Bhardwaj a été arrêté à Bulandshahr plus tôt dans la journée, quelques heures après que le parti Cockroach Janta (CJP) ait manifesté devant le commissariat de police de Parliament Street pour exiger son arrestation. Saurav Das, co-organisateur du CJP, a déclaré que l'article 351 (3) du Bharatiya Nyaya Sanhita, couvrant l'intimidation criminelle avec menace de mort, ainsi que les dispositions de la loi SC/ST, avaient été inclus dans le FIR existant. Il a ajouté que des accusations de tentative de meurtre ou d'homicide coupable ainsi qu'une section sur les blessures graves étaient en cours d'inclusion.

Cette décision fait suite à l'indignation du public suite à une interview dans laquelle Bhardwaj affirmait avoir « fracturé le crâne » du père du mineur, affirmant que la victime avait besoin de 60 points de suture et que l'infraction avait attiré l'article 307. La police de Delhi avait précédemment décrit les blessures comme étant simples et causées par un bracelet en acier. Bhardwaj a déclaré plus tard dans un podcast qu'il avait agi en état de légitime défense.
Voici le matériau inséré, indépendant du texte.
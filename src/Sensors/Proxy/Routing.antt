-- ===== src/Sensors/Proxy/Routing.antt =====
-- A call for a sensor reaches the sub-HAL that listed it, under the handle that it listed.
use device_xiaomi_camellia.Base.{ℕ, ◌≤◌, ◌<◌, ◌^◌, ◌≡◌, ◌&&◌, Bool, true, false, arith, ltb}
use device_xiaomi_camellia.Sensors.Platform.{Platform, IsDocumented, bad_value, Result}
use device_xiaomi_camellia.Sensors.Handle.{set_sub_hal_index, sub_hal_index_is_clear}
use device_xiaomi_camellia.Sensors.Handle.Laws.{
  set_sub_hal_index_fields, is_sub_hal_index_valid_lem,
}
use device_xiaomi_camellia.Sensors.Proxy.{SubHals, activate, batch, flush, routed}

module _ {W : Type 0} (p : Platform) (S : SubHals W) (doc : IsDocumented p) where
  routed_lem :
      (call : ℕ → ℕ → W → Result × W) (own i : ℕ) (w : W)
      → own < 2 ^ 32
      → sub_hal_index_is_clear p.sub_hal_index_mask own ≡ true
      → i < 128
      → i < S.size
      → S.size ≤ 2 ^ 32
      → routed p S (set_sub_hal_index own i) call w ≡ call i own w
  routed_lem call own i w fits clear low listed few =
      let fields =
        set_sub_hal_index_fields p.sub_hal_index_mask doc.first_byte own i fits clear low in
      let valid =
        is_sub_hal_index_valid_lem p.sub_hal_index_mask doc.first_byte S.size own i few fits clear
          (omega arith) in
      ground (arith, fields, valid)

  -- For a sensor of one of the first 128 sub-HALs, `activate`, `batch` and `flush` do what that
  -- sub-HAL does for its own handle.
  pub activate-set_sub_hal_index :
      (own i : ℕ) (enabled : Bool) (period latency : ℕ) (w : W)
      → own < 2 ^ 32
      → sub_hal_index_is_clear p.sub_hal_index_mask own ≡ true
      → i < 128
      → i < S.size
      → S.size ≤ 2 ^ 32
      → let handle = set_sub_hal_index own i in
        (activate p S handle enabled w ≡ S.activate i own enabled w)
        × (batch p S handle period latency w ≡ S.batch i own period latency w)
        × (flush p S handle w ≡ S.flush i own w)
  unfolding activate batch flush
  activate-set_sub_hal_index own i enabled period latency w fits clear low listed few = (
    routed_lem (λ i own. S.activate i own enabled) own i w fits clear low listed few,
    routed_lem (λ i own. S.batch i own period latency) own i w fits clear low listed few,
    routed_lem S.flush own i w fits clear low listed few,
  )

  -- A handle of a sub-HAL beyond the list, or of one with an index from 128 on, is refused by every
  -- call for a sensor, and no sub-HAL is called.
  pub set_sub_hal_index_refused :
      (own i : ℕ) (enabled : Bool) (period latency : ℕ) (w : W)
      → own < 2 ^ 32
      → sub_hal_index_is_clear p.sub_hal_index_mask own ≡ true
      → i < 256
      → (ltb i 128 && ltb i S.size) ≡ false
      → S.size ≤ 2 ^ 32
      → let handle = set_sub_hal_index own i in
        (activate p S handle enabled w ≡ (bad_value, w))
        × (batch p S handle period latency w ≡ (bad_value, w))
        × (flush p S handle w ≡ (bad_value, w))
  unfolding activate batch flush
  set_sub_hal_index_refused own i enabled period latency w fits clear byte out few =
      let valid =
        is_sub_hal_index_valid_lem p.sub_hal_index_mask doc.first_byte S.size own i few fits clear
          byte in
      (rw (valid, out), rw (valid, out), rw (valid, out))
Dans un autre développement, la police a enregistré un nouveau FIR en vertu de la loi POCSO à la suite d'une plainte déposée par le militant mineur. Il allègue des menaces et du harcèlement en ligne et invoque les articles 351(3), 78 (harcèlement) et 79 (insulte à la pudeur d'une femme) du BNS, en plus de l'article 67 de la loi informatique. Le militant avait auparavant fait état de menaces de viol, de violences verbales et d'images transformées après avoir dénoncé l'agression présumée et déposé une plainte.

Un officier supérieur de la police de Delhi a confirmé le FIR POCSO mais a refusé plus de détails, citant l'implication d'un mineur. Ces développements font suite à une réunion entre des représentants du CJP, le chef du parti Azad Samaj (Kanshi Ram) et le député de Nagina Chandrashekhar Azad, et des responsables de la police du poste de police de Parliament Street, où ils ont demandé une action plus ferme.